Data records
————

-- ===== src/Workflow/Tasks/Boxes.antt =====
-- .opencode/plugins/uf-workflow/index.ts: one line of tasks.md, before and after its box is checked.
use complytime_providers.Prelude.{
  ℕ, ◌≡◌, refl, Text, Bool, true, false, not, Option, none, some, [], ◌∷◌, length, ap, sym, ◌∙◌,
  ◌<◌, ◌≤◌, inl, inr, Bool-cases, nat_eq, is_space, arith,
}
use complytime_providers.Workflow.Tasks.{
  TaskLineMatch, normalize_line, skip_blanks, span, task_of, box_of, match_task_line, is_open,
  check_at,
}

-- The same task, checked.
abbrev pub checked_match : Option TaskLineMatch → Option TaskLineMatch
checked_match none = none
checked_match (some m) = some (record m { checked = true })

pub task_of-checked :
    (indent : Text) (checked : Bool) (s : Text)
    → task_of indent true s ≡ checked_match (task_of indent checked s)
unfolding task_of
task_of-checked indent checked s = ground arith

box_of-checked :
    (c1 c2 c3 c4 c5 : ℕ) (body : Text)
    → is_open (box_of [] (c1 ∷ c2 ∷ c3 ∷ c4 ∷ c5 ∷ body)) ≡ true
    → box_of [] (c1 ∷ c2 ∷ c3 ∷ b'x' ∷ c5 ∷ body)
      ≡ checked_match (box_of [] (c1 ∷ c2 ∷ c3 ∷ c4 ∷ c5 ∷ body))
unfolding box_of
box_of-checked c1 c2 c3 c4 c5 [] h = cc
box_of-checked c1 c2 c3 c4 c5 (b ∷ more) h =
    ground (arith, task_of-checked [] (not (nat_eq c4 32)) (skip_blanks more))

-- An indented line is not open.
task_of-indented :
    (c : ℕ) (s t : Text) (checked : Bool) → is_open (task_of (c ∷ s) checked t) ≡ false
unfolding task_of
task_of-indented c s t checked = ground arith

box_of-indented : (c : ℕ) (s t : Text) → is_open (box_of (c ∷ s) t) ≡ false
unfolding box_of
box_of-indented c s (c1 ∷ c2 ∷ c3 ∷ c4 ∷ c5 ∷ b ∷ more) =
    ground (arith, task_of-indented c s (skip_blanks more) (not (nat_eq c4 32)))
box_of-indented c s _ = refl

-- A line that starts with a character other than white space is matched from there.
pub match_task_line_top :
    (line : Text) (c : ℕ) (s : Text)
    → normalize_line line ≡ c ∷ s
    → is_space c ≡ false
    → match_task_line line ≡ box_of [] (c ∷ s)
unfolding match_task_line span
match_task_line_top line c s e top = rw (e, top, match_task_line) refl

pub match_task_line_indented :
    (line : Text) (c : ℕ) (s : Text)
    → normalize_line line ≡ c ∷ s
    → is_space c ≡ true
    → is_open (match_task_line line) ≡ false
unfolding match_task_line span
match_task_line_indented line c s e indented =
    rw (e, indented, match_task_line) (box_of-indented c (span is_space s).0 (span is_space s).1)

match_task_line-check_six :
    (c1 c2 c3 c4 c5 c6 : ℕ) (s : Text)
    → is_open (match_task_line (c1 ∷ c2 ∷ c3 ∷ c4 ∷ c5 ∷ c6 ∷ s)) ≡ true
    → match_task_line (check_at 3 (c1 ∷ c2 ∷ c3 ∷ c4 ∷ c5 ∷ c6 ∷ s))
      ≡ checked_match (match_task_line (c1 ∷ c2 ∷ c3 ∷ c4 ∷ c5 ∷ c6 ∷ s))
unfolding check_at normalize_line
match_task_line-check_six c1 c2 c3 c4 c5 c6 s h =
    let line = c1 ∷ c2 ∷ c3 ∷ c4 ∷ c5 ∷ c6 ∷ s in
    let body = normalize_line (c6 ∷ s) in
    elim (Bool-cases (is_space c1)) [
      | inl indented ↦
          let shut = match_task_line_indented line c1 (c2 ∷ c3 ∷ c4 ∷ c5 ∷ body) refl indented in cc
      | inr top ↦
          let old = match_task_line_top line c1 (c2 ∷ c3 ∷ c4 ∷ c5 ∷ body) refl top in
          match_task_line_top (c1 ∷ c2 ∷ c3 ∷ b'x' ∷ c5 ∷ c6 ∷ s) c1 (c2 ∷ c3 ∷ b'x' ∷ c5 ∷ body)
            refl top
          ∙ box_of-checked c1 c2 c3 c4 c5 body (sym (ap is_open old) ∙ h)
          ∙ sym (ap checked_match old)
    ]

box_of_short : (indent s : Text) → length s < 6 → is_open (box_of indent s) ≡ false
unfolding box_of
box_of_short indent [] h = refl
box_of_short indent (c1 ∷ []) h = refl
box_of_short indent (c1 ∷ c2 ∷ []) h = refl
box_of_short indent (c1 ∷ c2 ∷ c3 ∷ []) h = refl
box_of_short indent (c1 ∷ c2 ∷ c3 ∷ c4 ∷ []) h = refl
box_of_short indent (c1 ∷ c2 ∷ c3 ∷ c4 ∷ c5 ∷ []) h = refl
box_of_short indent (c1 ∷ c2 ∷ c3 ∷ c4 ∷ c5 ∷ c6 ∷ s) h = ground arith

length-normalize_line : (s : Text) → length (normalize_line s) ≤ length s
unfolding normalize_line
length-normalize_line [] = omega arith
length-normalize_line (c ∷ []) = ground arith
length-normalize_line (c ∷ d ∷ s) = ground (arith, length-normalize_line (d ∷ s))

length-span : (p : ℕ → Bool) (s : Text) → length (span p s).1 ≤ length s
unfolding span
length-span p [] = omega arith
length-span p (c ∷ s) = ground (arith, length-span p s)

-- A short line is not open.
pub match_task_line_short : (line : Text) → length line < 6 → is_open (match_task_line line) ≡ false
unfolding match_task_line
match_task_line_short line h =
    box_of_short (span is_space (normalize_line line)).0 (span is_space (normalize_line line)).1
      (omega (arith, length-span is_space (normalize_line line), length-normalize_line line))

-- Checking the box of an open line checks its task, and changes nothing else of it.
pub match_task_line-check_at :
    (line : Text)
    → is_open (match_task_line line) ≡ true
    → match_task_line (check_at 3 line) ≡ checked_match (match_task_line line)
match_task_line-check_at (c1 ∷ c2 ∷ c3 ∷ c4 ∷ c5 ∷ c6 ∷ s) h =
    match_task_line-check_six c1 c2 c3 c4 c5 c6 s h
match_task_line-check_at line h = let shut = match_task_line_short line (omega arith) in cc
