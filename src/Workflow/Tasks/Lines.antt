-- ===== src/Workflow/Tasks/Lines.antt =====
-- .opencode/plugins/uf-workflow/index.ts: the lines of a text, as `split("\n")` finds them.
use complytime_providers.Prelude.{
  ℕ, ◌≡◌, refl, ap, sym, ◌∙◌, inl, inr, Text, false, List, [], ◌∷◌, ◌++◌, any, All, nat_eq, split,
  join, arith, Bool-cases,
}
use mathlib.Core.Path.{subst}
use mathlib.Core.List.{append_assoc}

-- A text without a line feed.
abbrev pub IsLine : Text → Type 0
IsLine s = any (λ c. nat_eq c 10) s ≡ false

-- The text of the lines.
abbrev pub unlines : List Text → Text
unlines lines = join (10 ∷ []) lines

pub split_shape : (s : Text) → (line : Text) × (lines : List Text) × (split 10 s ≡ line ∷ lines)
unfolding split
split_shape [] = ([], [], refl)
split_shape (c ∷ s) =
    let (line, lines, e) = split_shape s in
    elim (Bool-cases (nat_eq c 10)) [
      | inl feed ↦ ([], split 10 s, rw (feed) refl)
      | inr other ↦ (c ∷ line, lines, rw (other, e) refl)
    ]

split-empty : split 10 [] ≡ [] ∷ []
unfolding split
split-empty = refl

split-feed : (s : Text) → split 10 (10 ∷ s) ≡ [] ∷ split 10 s
unfolding split
split-feed s = refl

split-front :
    (c : ℕ) (s line : Text) (lines : List Text)
    → nat_eq c 10 ≡ false
    → split 10 s ≡ line ∷ lines
    → split 10 (c ∷ s) ≡ (c ∷ line) ∷ lines
unfolding split
split-front c s line lines other e = rw (other, e) refl

unlines-front :
    (c : ℕ) (line : Text) (lines : List Text)
    → unlines ((c ∷ line) ∷ lines) ≡ c ∷ unlines (line ∷ lines)
unfolding join
unlines-front c line [] = refl
unlines-front c line (next ∷ lines) = refl

pub unlines-one : (line : Text) → unlines (line ∷ []) ≡ line
unfolding join
unlines-one line = refl

pub unlines-append :
    (line next : Text) (lines : List Text)
    → unlines (line ∷ next ∷ lines) ≡ line ++ 10 ∷ unlines (next ∷ lines)
unfolding join
unlines-append line next lines = append_assoc line (10 ∷ []) (unlines (next ∷ lines))

unlines-feed :
    (line : Text) (lines : List Text) → unlines ([] ∷ line ∷ lines) ≡ 10 ∷ unlines (line ∷ lines)
unfolding join
unlines-feed line lines = refl

-- The lines of a text hold no line feed.
pub split-All : (s : Text) → All IsLine (split 10 s)
split-All [] = rw (split-empty) (refl, tt)
split-All (c ∷ s) =
    let (line, lines, e) = split_shape s in
    let before : All IsLine (line ∷ lines) = subst (λ parts. All IsLine parts) e (split-All s) in
    elim (Bool-cases (nat_eq c 10)) [
      | inl feed ↦
          let at_feed : c ≡ 10 = ground (arith, feed) in rw (at_feed, split-feed, e) (refl, before)
      | inr other ↦
          rw (split-front c s line lines other e) (ground (arith, other, before.0), before.1)
    ]

pub join-split : (s : Text) → unlines (split 10 s) ≡ s
join-split [] = ap unlines split-empty ∙ unlines-one []
join-split (c ∷ s) =
    let (line, lines, e) = split_shape s in
    let before = sym (ap unlines e) ∙ join-split s in
    elim (Bool-cases (nat_eq c 10)) [
      | inl feed ↦
          let at_feed : c ≡ 10 = ground (arith, feed) in
          rw (at_feed, split-feed, e, unlines-feed, before) refl
      | inr other ↦ rw (split-front c s line lines other e, unlines-front, before) refl
    ]

split-line : (line : Text) → IsLine line → split 10 line ≡ line ∷ []
split-line [] h = split-empty
split-line (c ∷ s) h = split-front c s s [] (ground arith) (split-line s (ground arith))

split-append : (line s : Text) → IsLine line → split 10 (line ++ 10 ∷ s) ≡ line ∷ split 10 s
split-append [] s h = split-feed s
split-append (c ∷ line) s h =
    split-front c (line ++ 10 ∷ s) line (split 10 s) (ground arith)
      (split-append line s (ground arith))

-- Lines that hold no line feed are found again in their text.
pub split-join :
    (line : Text) (lines : List Text)
    → All IsLine (line ∷ lines)
    → split 10 (unlines (line ∷ lines)) ≡ line ∷ lines
split-join line [] h = ap (split 10) (unlines-one line) ∙ split-line line h.0
split-join line (next ∷ lines) h =
    ap (split 10) (unlines-append line next lines)
    ∙ split-append line (unlines (next ∷ lines)) h.0
    ∙ ap (λ q. line ∷ q) (split-join next lines h.1)
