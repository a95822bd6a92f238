-- ===== src/Commands/Sync.antt =====
-- agent/block_command_sync.go: the block list that the agent fetches, and what it makes of it.
use kerneleye.Base.{
  ◌^◌, Bool, false, not, ◌||◌, Option, none, some, List, [], ◌∷◌, length, ◌==◌, if◌then◌else◌,
}
use kerneleye.Base.Str.{Str, str, str_eq}
use kerneleye.Base.Dict.{Dict, insert}
use kerneleye.Base.Int.{ℤ, pos, ◌*ℤ◌, ltb_ℤ, leb_ℤ, eqb_ℤ}
use kerneleye.Signing.{Sys, NonceTracker, BlockListEntry, check, verify, build_block_list_payload}
use kerneleye.Commands.{
  rate_limit, block, Call, BlockListResponse, Env, Client, Reject, keep_nonce, duration_of,
  unsigned, replayed, rpc_failed, bad_signature,
}

pub data Fetched : Type 0 where
  fetched : BlockListResponse → Fetched
  failed : Reject → Fetched

-- The checks of `fetchBlockList` on a response, with a key; they read the tracker once.
unfoldable pub check_list : Sys → Env → NonceTracker → BlockListResponse → Option Reject
check_list s env t resp =
    if length resp.signature == 0 || leb_ℤ resp.nonce (pos 0)
    then some unsigned
    else if not (check t resp.nonce)
    then some replayed
    else elim (verify s env.key resp.nonce (build_block_list_payload resp.blocks) resp.signature) [
      | some e ↦ some (bad_signature e)
      | none ↦ none
    ]

-- `fetchBlockList` on the answer of the RPC, `none` if it failed, where no other call records a nonce
-- between its `Check` and its `persistNonce`.
unfoldable pub fetch_block_list : Sys → Env → Client → Option BlockListResponse → Fetched × Client
unfolding check_list keep_nonce
fetch_block_list s env c none = (failed rpc_failed, c)
fetch_block_list s env c (some resp) =
    if length env.key == 0 then (fetched resp, c) else elim (check_list s env c.tracker resp) [
      | some e ↦ (failed e, c)
      | none ↦ (fetched resp, keep_nonce s env c resp.nonce)
    ]

-- `block.ExpiresAt > 0 && time.Now().After(time.Unix(block.ExpiresAt, 0))`
unfoldable pub is_expired : ℤ → BlockListEntry → Bool
is_expired now e =
    if ltb_ℤ (pos 0) e.expires_at then ltb_ℤ (e.expires_at *ℤ pos (10 ^ 9)) now else false

-- What one entry of the list makes `SyncBlockList` call.
unfoldable pub sync_entry : Client → BlockListEntry → Option Call
unfolding duration_of
sync_entry c e =
    let duration = duration_of e.duration_seconds in
    if eqb_ℤ e.block_type (pos 2)
    then (if c.has_on_rate_limit then some (rate_limit e.ip_address duration e.reason) else none)
    else if c.has_on_block
    then some (block e.ip_address duration e.reason)
    else none

-- The calls of a `SyncBlockList`, in order.
unfoldable pub sync_entries : Client → ℤ → List BlockListEntry → List Call
unfolding is_expired sync_entry
sync_entries c now [] = []
sync_entries c now (e ∷ es) =
    let rest = sync_entries c now es in
    if is_expired now e
    then rest
    else elim (sync_entry c e) [ none ↦ rest | some call ↦ call ∷ rest ]

unfoldable pub sync_block_list :
    Sys → Env → Client → Option BlockListResponse → Option (List Call) × Client
sync_block_list s env c answer =
    let (result, c') = fetch_block_list s env c answer in
    elim result [
      | failed e ↦ (none, c')
      | fetched resp ↦ (some (sync_entries c' env.now resp.blocks), c')
    ]

-- `Reconcile` first collects the addresses of the live entries in a map,
unfoldable pub backend_blocks : ℤ → List BlockListEntry → Dict ℤ → Dict ℤ
unfolding is_expired
backend_blocks now [] m = m
backend_blocks now (e ∷ es) m =
    backend_blocks now es (if is_expired now e then m else insert e.ip_address e.block_type m)

-- then takes for each the duration of the first entry of the response with that address,
unfoldable pub first_duration : Str → List BlockListEntry → ℤ
unfolding duration_of
first_duration ip [] = pos 0
first_duration ip (e ∷ es) =
    if str_eq e.ip_address ip then duration_of e.duration_seconds else first_duration ip es

-- and blocks it, whatever its block type.
unfoldable pub reconcile_entries : Client → List BlockListEntry → Dict ℤ → List Call
unfolding first_duration
reconcile_entries c blocks [] = []
reconcile_entries c blocks ((ip, block_type) ∷ m) =
    let rest = reconcile_entries c blocks m in
    if c.has_on_block then block ip (first_duration ip blocks) (str "reconcile") ∷ rest else rest

unfoldable pub reconcile :
    Sys → Env → Client → Option BlockListResponse → Option (List Call) × Client
reconcile s env c answer =
    let (result, c') = fetch_block_list s env c answer in
    elim result [
      | failed e ↦ (none, c')
      | fetched resp ↦
          (some (reconcile_entries c' resp.blocks (backend_blocks env.now resp.blocks [])), c')
    ]
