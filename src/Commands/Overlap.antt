-- ===== src/Commands/Overlap.antt =====
-- agent/block_command_verify.go and block_command_sync.go where calls overlap: `receiveLoop`, `SyncBlockList`
-- and the ticker of `Reconcile` are goroutines, and no lock spans a call's `Check`, `Record` and
-- `persistNonce`.
use kerneleye.Base.{◌≡◌, ◌≢◌, true, none, List, [], ◌∷◌, ◌++◌, arith}
use kerneleye.Base.Int.{ℤ, ◌≤ℤ◌, ltb_ℤ}
use kerneleye.Signing.{Sys, NonceTracker, check, record_nonce}
use kerneleye.Commands.{BlockCommand, BlockListResponse, Env, Client, check_command, persist_nonce}
use kerneleye.Commands.Sync.{check_list}

-- A call that has passed its checks under a nonce: what it still has to do.
pub data Task : Type 0 where
  checked : ℤ → Task  -- before `Record`
  recorded : ℤ → Task  -- before `persistNonce`

-- The client, and the calls that are under way.
pub record Agent : Type 0 where
  pub client : Client
  pub tasks : List Task

-- One step of one call; each of `Check` and `Record` holds the tracker's lock by itself.
pub data Move (s : Sys) (a : Agent) : Agent → Type 0 where
  passes :
      (env : Env) (cmd : BlockCommand)
      → check_command s env a.client.tracker cmd ≡ none
      → Move s a (record a { tasks = checked cmd.nonce ∷ a.tasks })
  lists :
      (env : Env) (resp : BlockListResponse)
      → env.key ≢ []
      → check_list s env a.client.tracker resp ≡ none
      → Move s a (record a { tasks = checked resp.nonce ∷ a.tasks })
  records :
      (before : List Task) (n : ℤ) (after : List Task)
      → a.tasks ≡ before ++ checked n ∷ after
      → Move s a (record {
        client = record a.client { tracker = record_nonce a.client.tracker n };
        tasks = before ++ recorded n ∷ after;
      })
  persists :
      (env : Env) (before : List Task) (n : ℤ) (after : List Task)
      → a.tasks ≡ before ++ recorded n ∷ after
      → Move s a (record { client = persist_nonce s env a.client n; tasks = before ++ after })

-- Any number of steps, in any order.
pub data Run (s : Sys) (a : Agent) : Agent → Type 0 where
  stays : Run s a a
  moves : {b c : Agent} → Run s a b → Move s b c → Run s a c

last : Agent → ℤ
last a = a.client.tracker.last_seen

Move-rises : (s : Sys) (a b : Agent) → Move s a b → last a ≤ℤ last b
unfolding last record_nonce persist_nonce
Move-rises s a _ (passes env cmd e) = ground arith
Move-rises s a _ (lists env resp k e) = ground arith
Move-rises s a _ (records before n after e) = ground arith
Move-rises s a _ (persists env before n after e) = ground arith

Run-rises : (s : Sys) (a b : Agent) → Run s a b → last a ≤ℤ last b
unfolding last
Run-rises s a _ stays = ground arith
Run-rises s a c (moves {b} r m) = ground (arith, Run-rises s a b r, Move-rises s b c m)

check_command-fresh :
    (s : Sys) (env : Env) (t : NonceTracker) (cmd : BlockCommand)
    → check_command s env t cmd ≡ none
    → ltb_ℤ t.last_seen cmd.nonce ≡ true
unfolding check_command check
check_command-fresh s env t cmd h = ground arith

check_list-fresh :
    (s : Sys) (env : Env) (t : NonceTracker) (resp : BlockListResponse)
    → check_list s env t resp ≡ none
    → ltb_ℤ t.last_seen resp.nonce ≡ true
unfolding check_list check
check_list-fresh s env t resp h = ground arith

module _ (s : Sys) (a b : Agent) (n : ℤ) where
  -- However calls overlap: once one of them has recorded its nonce, no command and no signed block list
  -- with that nonce or a lower one passes its checks any more, until the agent restarts.
  pub Run-refuses :
      (before after : List Task) (env : Env) (cmd : BlockCommand) (resp : BlockListResponse)
      → Run s
          (record {
            client = record a.client { tracker = record_nonce a.client.tracker n };
            tasks = before ++ recorded n ∷ after;
          })
          b
      → cmd.nonce ≤ℤ n
      → resp.nonce ≤ℤ n
      → (check_command s env b.client.tracker cmd ≢ none)
        × (check_list s env b.client.tracker resp ≢ none)
  unfolding last record_nonce
  Run-refuses before after env cmd resp run le le' =
      let rises = Run-rises s _ b run in
      (
        λ h. ground (arith, rises, le, check_command-fresh s env b.client.tracker cmd h),
        λ h. ground (arith, rises, le', check_list-fresh s env b.client.tracker resp h),
      )

-- A command that passes its checks can be delivered twice at once, and then passes them twice: two calls
-- under way have its nonce, and either goes on to be obeyed.
pub Run-twice :
    (s : Sys) (a : Agent) (env : Env) (cmd : BlockCommand)
    → check_command s env a.client.tracker cmd ≡ none
    → Run s a (record a { tasks = checked cmd.nonce ∷ checked cmd.nonce ∷ a.tasks })
Run-twice s a env cmd h = moves (moves stays (passes env cmd h)) (passes env cmd h)
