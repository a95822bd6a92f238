-- ===== src/Commands/Replay.antt =====
-- The nonces of commands, block lists and restarts that come one after the other.
use kerneleye.Base.{
  ◌≡◌, ◌⊎◌, inl, inr, true, Option, none, some, List, [], ◌∷◌, All, arith, length, ◌==◌,
  if◌then◌else◌,
}
use kerneleye.Base.Int.{ℤ, pos}
use kerneleye.Base.Word.{InI64}
use kerneleye.Signing.{Sys, SysLaws, check, record_nonce}
use kerneleye.Commands.{
  check_command, keep_nonce, BlockCommand, BlockListResponse, Env, Client, verify_command,
  persist_nonce, load_nonce,
}
use kerneleye.Commands.Sync.{fetched, failed, fetch_block_list, check_list}
use kerneleye.Commands.Verify.{Ltz}

-- What reaches the client: a command, the answer to a `GetBlockList`, or a restart of the agent.
pub data Event : Type 0 where
  command : Env → BlockCommand → Event
  listing : Env → Option BlockListResponse → Event
  restart : Event

-- The nonce under which an event is accepted, if it is; without a key a block list has none.
pub accepted : Sys → Client → Event → Option ℤ
accepted s c (command env cmd) = elim (verify_command s env c cmd).0 [
  | none ↦ some cmd.nonce
  | some e ↦ none
]
accepted s c (listing env answer) = elim (fetch_block_list s env c answer).0 [
  | fetched resp ↦ if length env.key == 0 then none else some resp.nonce
  | failed e ↦ none
]
accepted s c restart = none

-- A restart makes a new tracker and loads the file.
pub after : Sys → Client → Event → Client
after s c (command env cmd) = (verify_command s env c cmd).1
after s c (listing env answer) = (fetch_block_list s env c answer).1
after s c restart = load_nonce s (record c { tracker = record { last_seen = pos 0 } })

-- The nonces that a run of events accepts, in order.
pub accepted_nonces : Sys → Client → List Event → List ℤ
unfolding accepted after
accepted_nonces s c [] = []
accepted_nonces s c (e ∷ es) =
    let rest = accepted_nonces s (after s c e) es in
    elim (accepted s c e) [ none ↦ rest | some n ↦ n ∷ rest ]

-- Each is above the one before it.
abbrev pub Rising : ℤ → List ℤ → Type 0
Rising low [] = Unit
Rising low (n ∷ ns) = Ltz low n × Rising n ns

-- The file holds the tracker's nonce, or neither has seen one.
abbrev pub IsPersisted : Sys → Client → Type 0
IsPersisted s c =
    ((c.nonce_file ≡ none) × (c.tracker.last_seen ≡ pos 0))
    ⊎ ((c.nonce_file ≡ some (s.format_int c.tracker.last_seen))
        × InI64 c.tracker.last_seen
        × Ltz (pos 0) c.tracker.last_seen)

-- The nonce file can be written, and a nonce is an int64.
abbrev pub IsUsual : Event → Type 0
IsUsual (command env cmd) = (env.disk_ok ≡ true) × InI64 cmd.nonce
IsUsual (listing env none) = Unit
IsUsual (listing env (some resp)) = (env.disk_ok ≡ true) × InI64 resp.nonce
IsUsual restart = Unit

module _ (s : Sys) (laws : SysLaws s) where
  -- What one event does to the tracker.
  abbrev Advances : Client → Option ℤ → Client → Type 0
  Advances c none c' = (c'.tracker.last_seen ≡ c.tracker.last_seen) × IsPersisted s c'
  Advances c (some n) c' = Ltz c.tracker.last_seen n × (c'.tracker.last_seen ≡ n) × IsPersisted s c'

  command-Advances :
      (c : Client) (env : Env) (cmd : BlockCommand)
      → IsPersisted s c
      → IsUsual (command env cmd)
      → Advances c (accepted s c (command env cmd)) (after s c (command env cmd))
  unfolding accepted after verify_command check_command keep_nonce check record_nonce persist_nonce
  command-Advances c env cmd p u = ground arith

  listing-Advances :
      (c : Client) (env : Env) (answer : Option BlockListResponse)
      → IsPersisted s c
      → IsUsual (listing env answer)
      → Advances c (accepted s c (listing env answer)) (after s c (listing env answer))
  unfolding accepted after fetch_block_list check_list keep_nonce check record_nonce persist_nonce
  listing-Advances c env none p u = ground arith
  listing-Advances c env (some resp) p u = ground arith

  restart-Advances :
      (c : Client) → IsPersisted s c → Advances c (accepted s c restart) (after s c restart)
  unfolding accepted after load_nonce record_nonce
  restart-Advances c (inl p) = ground arith
  restart-Advances c (inr p) =
      ground
        (arith, laws.parse-format c.tracker.last_seen p.1, laws.trim-format c.tracker.last_seen)

  event-Advances :
      (c : Client) (e : Event)
      → IsPersisted s c
      → IsUsual e
      → Advances c (accepted s c e) (after s c e)
  event-Advances c (command env cmd) p u = command-Advances c env cmd p u
  event-Advances c (listing env answer) p u = listing-Advances c env answer p u
  event-Advances c restart p u = restart-Advances c p

  Rising-cons :
      (c c' : Client) (o : Option ℤ) (ns : List ℤ)
      → Advances c o c'
      → Rising c'.tracker.last_seen ns
      → Rising c.tracker.last_seen (elim o [ none ↦ ns | some n ↦ n ∷ ns ])
  Rising-cons c c' none ns m r = rw (← m.0) r
  Rising-cons c c' (some n) ns m r = (m.0, rw (← m.1) r)

  -- Whatever commands, block lists and restarts reach the agent, in any order and number, but each call
  -- ended before the next begins, the nonces that it accepts rise strictly above the last one it has seen: none is accepted twice. The nonces
  -- are int64, the nonce file can be written, and at the start it agrees with the tracker.
  pub accepted_nonces-Rising :
      (c : Client) (es : List Event)
      → IsPersisted s c
      → All IsUsual es
      → Rising c.tracker.last_seen (accepted_nonces s c es)
  unfolding accepted_nonces
  accepted_nonces-Rising c [] p u = tt
  accepted_nonces-Rising c (e ∷ es) p u =
      let m = event-Advances c e p u.0 in
      Rising-cons c (after s c e) (accepted s c e) _ m
        (accepted_nonces-Rising (after s c e) es (persisted (accepted s c e) m) u.1)
    where
      persisted : (o : Option ℤ) → Advances c o (after s c e) → IsPersisted s (after s c e)
      persisted none m = m.1
      persisted (some n) m = m.2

————

=== Work required ===
Looking at the records, report the number of lines that hold the string "filename", with no other text.

=== Written answer ===
2